One of the Flawed and Ragtag Band

dee deeBy Dee Dee Risher (Philly, PA)

*This is the fifth installation of a year-long series of posts from contributors all over North America each answering the question, “How would you define radical discipleship?” We will be posting responses regularly on Mondays during 2019.

Discipleship is hard enough without the “radical” word in front of it. Often when I hear the phrase unpacked, there is a focus on radical (“root”), and what it entails. In our current context, community, and point of history, how should the taproot of our faith look?

That is a beautiful and rich question, but I find myself grappling with the word “discipleship” instead, pondering that ragtag band of twelve that followed the bold, enigmatic teacher around the backwaters of Galilee in Palestine.

Discipleship goes deeper than being a follower. It assumes a teacher and a doctrine. It is devoted allegiance to the teachings of one chosen as a master.

Which is to say that discipleship starts with our own choice and agency. Following the way of Jesus always begins with choice. Having chosen, however, there are some difficult rubs that I do not like to talk about. Specifically, obedience–the “following” part.

Let’s face it: the idea of radical–being prophetic, speaking truth to power, and resisting—is appealing. Equally heady is the careful analysis that leads many of us to take a different, more countercultural path. I’ve played games of radical one-upmanship—tallying up points of cred; parrying another’s brilliant thought with a keen, incisive counter-insight; and trying to be more purist in the cause than my neighbor. (This is how, especially on the left, we split our communities and relationships into smaller and smaller shards. Sometimes we cannibalize ourselves with critique.)

These dynamics are concerned with individualism and ego more than they are concerned with community. As a person raised in modern, U.S., individualistic culture (perhaps the most individualistic culture in history), these are dynamics toward which I can easily gravitate. Radical discipleship will stay a mind game unless I grow a different, more laborious, root.

That root is formed in silent, dark earth. It comes from the places pride does not visit. It understands obedience, compromise, grace, and brokenness. It has received forgiveness and so is able to offer it to others authentically. It allows people to change without forever pinioning them to past sins. It values community over certainty. Just as a teacher is patient with his students, this root is patient–always listening, learning, and changing as the Spirit leads.

The core of this discipleship is listening closely, and then obeying what is heard. It hinges on a discipline of constant communication and attentiveness to God. It requires that I develop an inner life which is as robust and cultivated as my external actions for justice—very difficult to do in a busy, aching world.
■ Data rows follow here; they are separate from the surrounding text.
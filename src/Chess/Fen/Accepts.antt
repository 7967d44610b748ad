-- ===== src/Chess/Fen/Accepts.antt =====
-- What `from_fen` accepts is a well-formed position, but for the en passant target, which it does not
-- look at.
use Prim.Native.Nat.{bit_or}
use plywise.Chess.Board.{Board, read, king_square}
use plywise.Chess.Fen.{
  Placement, add_rights, is_dash, place_symbol, place, parse_placement, parse_side, parse_rights,
  parse_target, parse_uint, has_kings, finish_board, with_hash, board_of_fields, parse_fields,
  split, from_fen, empty_squares,
}
use plywise.Chess.Attack.{holds}
use plywise.Chess.Hash.{compute_hash, hash_en_passant}
use plywise.Chess.Make.Keeps.{Canonical}
use plywise.Chess.Piece.{white, black, Piece, is_empty, no_piece, piece_from_symbol}
use plywise.Chess.Shape.{IsWellFormed, HasTarget}
use plywise.Chess.Square.{Text, no_square}
use plywise.Chess.Square.Names.{square_name-parse_square}
use plywise.Errors.{Result, ok, err, parse_error, >>=-through}
use plywise.Prelude.{
  ℕ, zero, suc, ◌+◌, ◌*◌, ◌<◌, ◌≡◌, ◌≢◌, ◌⊎◌, inl, inr, refl, true, not, ◌||◌, List, [], ◌∷◌, arith,
  length, length-set, get_or, get_or-set, if◌then◌else◌, ltb, ◌==◌, Bool-cases, all_below,
  all_below_sound, ltb→lt, ap, sym, subst,
}

-- A board's worth of squares, the empty ones all `Piece{}`.
record IsPlaced (xs : List Piece) : Type 0 where
  size : length xs ≡ 64
  canonical : Canonical xs

place_symbol-IsPlaced :
    (p : Placement) (c : ℕ) {q : Placement}
    → IsPlaced p.squares
    → place_symbol p c ≡ ok q
    → IsPlaced q.squares
unfolding place_symbol
place_symbol-IsPlaced p c {q} v h = record {
  size = ground (arith, v.size, length-set p.squares (p.rank * 8 + p.file) (piece_from_symbol c));
  canonical = λ i e. ground (
    arith,
    v.canonical i,
    get_or-set p.squares (p.rank * 8 + p.file) i (piece_from_symbol c) no_piece,
  );
}

place-IsPlaced :
    (t : Text) (p : Placement) {q : Placement}
    → IsPlaced p.squares
    → place p t ≡ ok q
    → IsPlaced q.squares
unfolding place
place-IsPlaced [] p v h = ground (arith, v.size)
place-IsPlaced (c ∷ cs) p v h =
    let (q, first, later) = >>=-through (place_symbol p c) (λ q. place q cs) h in
    place-IsPlaced cs q (place_symbol-IsPlaced p c v first) later

empty_squares-IsPlaced :
    (n i : ℕ) → (length (empty_squares n) ≡ n) × (read (empty_squares n) i ≡ no_piece)
unfolding empty_squares get_or
empty_squares-IsPlaced zero i = (refl, refl)
empty_squares-IsPlaced (suc n) zero = (ap suc (empty_squares-IsPlaced n 0).0, refl)
empty_squares-IsPlaced (suc n) (suc i) =
    (ap suc (empty_squares-IsPlaced n i).0, (empty_squares-IsPlaced n i).1)

parse_placement-IsPlaced : (t : Text) {xs : List Piece} → parse_placement t ≡ ok xs → IsPlaced xs
unfolding parse_placement
parse_placement-IsPlaced t {xs} h =
    let (q, placed, done) = >>=-through (place start t) finish h in
    subst IsPlaced (ends q done) (
      place-IsPlaced t start
        (record {
          size = (empty_squares-IsPlaced 64 0).0;
          canonical = λ i e. (empty_squares-IsPlaced 64 i).1;
        })
        placed)
  where
    start : Placement
    start = record { squares = empty_squares 64; rank = 7; file = 0 }

    finish : Placement → Result (List Piece)
    finish p = if not (p.rank == 0) || not (p.file == 8) then err parse_error else ok p.squares

    ends : (q : Placement) → finish q ≡ ok xs → q.squares ≡ xs
    ends q e = ground arith

parse_uint-le : (t : Text) {n : ℕ} → parse_uint t ≡ ok n → n < 65536
unfolding parse_uint
parse_uint-le [] h = cc
parse_uint-le (c ∷ cs) h = ground arith

parse_target-le : (t : Text) {n : ℕ} → parse_target t ≡ ok n → (n ≡ no_square) ⊎ (n < 64)
unfolding parse_target
parse_target-le t {n} h = elim (Bool-cases (is_dash t)) [
  | inl d ↦ inl (ground arith)
  | inr w ↦ elim (square_name-parse_square t) [
    | inl (square, e, lt, _) ↦ inr (ground arith)
    | inr e ↦ absurd (ground arith)
  ]
]

or_table :
    (bit : ℕ)
    → (bit ≡ 1) ⊎ (bit ≡ 2) ⊎ (bit ≡ 4) ⊎ (bit ≡ 8)
    → all_below 16 (λ r. ltb (bit_or r bit) 16) ≡ true
unfolding all_below
or_table bit (inl e) = rw e refl
or_table bit (inr (inl e)) = rw e refl
or_table bit (inr (inr (inl e))) = rw e refl
or_table bit (inr (inr (inr e))) = rw e refl

bit_or-lt : (r bit : ℕ) → (bit ≡ 1) ⊎ (bit ≡ 2) ⊎ (bit ≡ 4) ⊎ (bit ≡ 8) → r < 16 → bit_or r bit < 16
bit_or-lt r bit k h =
    ltb→lt _ _ (all_below_sound 16 (λ x. ltb (bit_or x bit) 16) r (or_table bit k) h)

add_rights-lt : (t : Text) (r n : ℕ) → r < 16 → add_rights r t ≡ ok n → n < 16
unfolding add_rights
add_rights-lt [] r n l h = ground arith
add_rights-lt (c ∷ cs) r n l h = ground (
  arith,
  add_rights-lt cs (bit_or r 1) n (bit_or-lt r 1 (inl refl) l),
  add_rights-lt cs (bit_or r 2) n (bit_or-lt r 2 (inr (inl refl)) l),
  add_rights-lt cs (bit_or r 4) n (bit_or-lt r 4 (inr (inr (inl refl))) l),
  add_rights-lt cs (bit_or r 8) n (bit_or-lt r 8 (inr (inr (inr refl))) l),
)

parse_rights-lt : (t : Text) {n : ℕ} → parse_rights t ≡ ok n → n < 16
unfolding parse_rights
parse_rights-lt t {n} h = ground (arith, add_rights-lt t 0 n (omega arith))

-- What a board read from a FEN satisfies.
pub record IsParsed (b : Board) : Type 0 where
  pub size : length b.squares ≡ 64
  pub canonical : (i : ℕ) → is_empty (read b.squares i) ≡ true → read b.squares i ≡ no_piece
  pub kings : (king_square b white ≢ no_square) × (king_square b black ≢ no_square)
  pub rights : b.castling_rights < 16
  pub target : (b.en_passant ≡ no_square) ⊎ (b.en_passant < 64)
  pub halfmove : b.halfmove_clock < 65536
  pub fullmove : (0 < b.fullmove_number) × (b.fullmove_number < 65536)
  pub hashed : b.hash ≡ compute_hash b
  pub history : b.repetition_history ≡ b.hash ∷ []

with_hash-hash : (b : Board) → compute_hash (with_hash b) ≡ compute_hash b
unfolding with_hash compute_hash hash_en_passant holds
with_hash-hash b = refl

module _ (c : Board) (placed : IsPlaced c.squares) (rights : c.castling_rights < 16)
    (target : (c.en_passant ≡ no_square) ⊎ (c.en_passant < 64))
    (halfmove : c.halfmove_clock < 65536) (fullmove : c.fullmove_number < 65536) where
  with_hash-IsParsed : 0 < c.fullmove_number → has_kings c ≡ true → IsParsed (with_hash c)
  unfolding with_hash has_kings king_square
  with_hash-IsParsed f k = record {
    size = placed.size;
    canonical = placed.canonical;
    kings = (λ e. ground arith, λ e. ground arith);
    rights = rights;
    target = target;
    halfmove = halfmove;
    fullmove = (f, fullmove);
    hashed = sym (with_hash-hash c);
    history = refl;
  }

  finish_board-IsParsed : {b : Board} → finish_board c ≡ ok b → IsParsed b
  unfolding finish_board
  finish_board-IsParsed {b} h = elim (Bool-cases (c.fullmove_number == 0)) [
    | inl z ↦ absurd (ground arith)
    | inr n ↦ elim (Bool-cases (has_kings c)) [
      | inr none ↦ absurd (ground arith)
      | inl both ↦ subst IsParsed (ok_eq (ground arith)) (with_hash-IsParsed (ground arith) both)
    ]
  ]
    where
      ok_eq : {x y : Board} → ok x ≡ ok y → x ≡ y
      ok_eq e = cc

parse_fields-IsParsed : (fields : List Text) {b : Board} → parse_fields fields ≡ ok b → IsParsed b
unfolding parse_fields board_of_fields
parse_fields-IsParsed [] h = absurd (cc)
parse_fields-IsParsed (f0 ∷ []) h = absurd (cc)
parse_fields-IsParsed (f0 ∷ f1 ∷ []) h = absurd (cc)
parse_fields-IsParsed (f0 ∷ f1 ∷ f2 ∷ []) h = absurd (cc)
parse_fields-IsParsed (f0 ∷ f1 ∷ f2 ∷ f3 ∷ []) h = absurd (cc)
parse_fields-IsParsed (f0 ∷ f1 ∷ f2 ∷ f3 ∷ f4 ∷ []) h = absurd (cc)
parse_fields-IsParsed (f0 ∷ f1 ∷ f2 ∷ f3 ∷ f4 ∷ f5 ∷ f6 ∷ fs) h = absurd (cc)
parse_fields-IsParsed (f0 ∷ f1 ∷ f2 ∷ f3 ∷ f4 ∷ f5 ∷ []) h0 =
    let (squares, e0, h1) = >>=-through (parse_placement f0) _ h0 in
    let (side, e1, h2) = >>=-through (parse_side f1) _ h1 in
    let (rights, e2, h3) = >>=-through (parse_rights f2) _ h2 in
    let (target, e3, h4) = >>=-through (parse_target f3) _ h3 in
    let (halfmove, e4, h5) = >>=-through (parse_uint f4) _ h4 in
    let (fullmove, e5, h6) = >>=-through (parse_uint f5) _ h5 in
    finish_board-IsParsed (board_of_fields squares side rights target halfmove fullmove)
      (parse_placement-IsPlaced f0 e0) (parse_rights-lt f2 e2) (parse_target-le f3 e3)
      (parse_uint-le f4 e4) (parse_uint-le f5 e5) h6

-- A board that `from_fen` returns has 64 squares with its empty ones blank, both kings, four bits of
-- rights, a target that is none or a square, clocks of 16 bits, a full-move number from one up, its
-- own hash, and that hash as its history.
pub from_fen-IsParsed : (fen : Text) {b : Board} → from_fen fen ≡ ok b → IsParsed b
unfolding from_fen
from_fen-IsParsed fen h = parse_fields-IsParsed (split fen) h

-- With no target, or one that a pawn has just passed, such a board is well-formed.
pub IsParsed-IsWellFormed :
    {b : Board} → IsParsed b → (b.en_passant ≡ no_square) ⊎ HasTarget b → IsWellFormed b
IsParsed-IsWellFormed p t = record {
  size = p.size;
  canonical = p.canonical;
  target = t;
  history = omega (arith, ap length p.history);
}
For me, this means drawing from some of the gifts of my evangelical journey—daily disciplines around Scripture, belief in the presence and strong gifts of the Spirit, including tongues, healing, and other unconventional manifestations, and an orientation to prayer. It also means that I live with the conviction that God is present in every person, and that every person has some gift to offer me, even when I do not see it.

This discipleship I follow is stumbling and lives with a certain lack of clarity. Sometimes I yearn for that clear prophetic vision so sure of its positions. I crave the purging righteous anger offers—and there are times righteous anger is the best and truthful response.

Usually, however, I am trying to follow that Galilean teacher in the murky complications of human relationship with people who, like me, are a mixture of wisdom, beauty, brokenness, and sin. The “opponents” on the other side are that same mixture. Some also follow Jesus.

We find ourselves in direct and almost unresolvable disagreements over what Jesus taught, what in this world needs changing, and how to do it. Sometimes we don’t like each other, but we have to keep working on our relationship because we are disciples to the same Jesus. (Secretly, I hope those other people will come to see the light as I have! Right.)

When Jesus chose that band of twelve, he chose to build community between people who had very different ideas of what a Messiah meant. They clashed even in the daily company of Jesus.

Why would discipleship today be any different?

Dee Dee Risher lives at the Vine and Fig Tree community in Philadelphia. She is the author of The Soulmaking Room. She is always working on herself, and one day the Spirit is just going to snatch her home–with all her flaws.

4 thoughts on “One of the Flawed and Ragtag Band

  1. Good morning Dee Dee! I was glad I took a few minutes this morning to read your reflections. Miss you! [heart emoji here]. The questions you raise, the tensions you describe, ring so true… Blessings…

  2. I’m so glad to have your reflection. Our community is challenged in ways I imagine that early community of Disciples was. Maybe our games are different than theirs but the radical idea of forgiveness as available from an ever present God, always actively in alove with us all is not.
    Thank you

  3. Oscar (Oz) Cole-Arnal

    Sister Dee Dee,

    Many THANKS for sharing your flawed journey; it echos mine virtually step-by-painful step!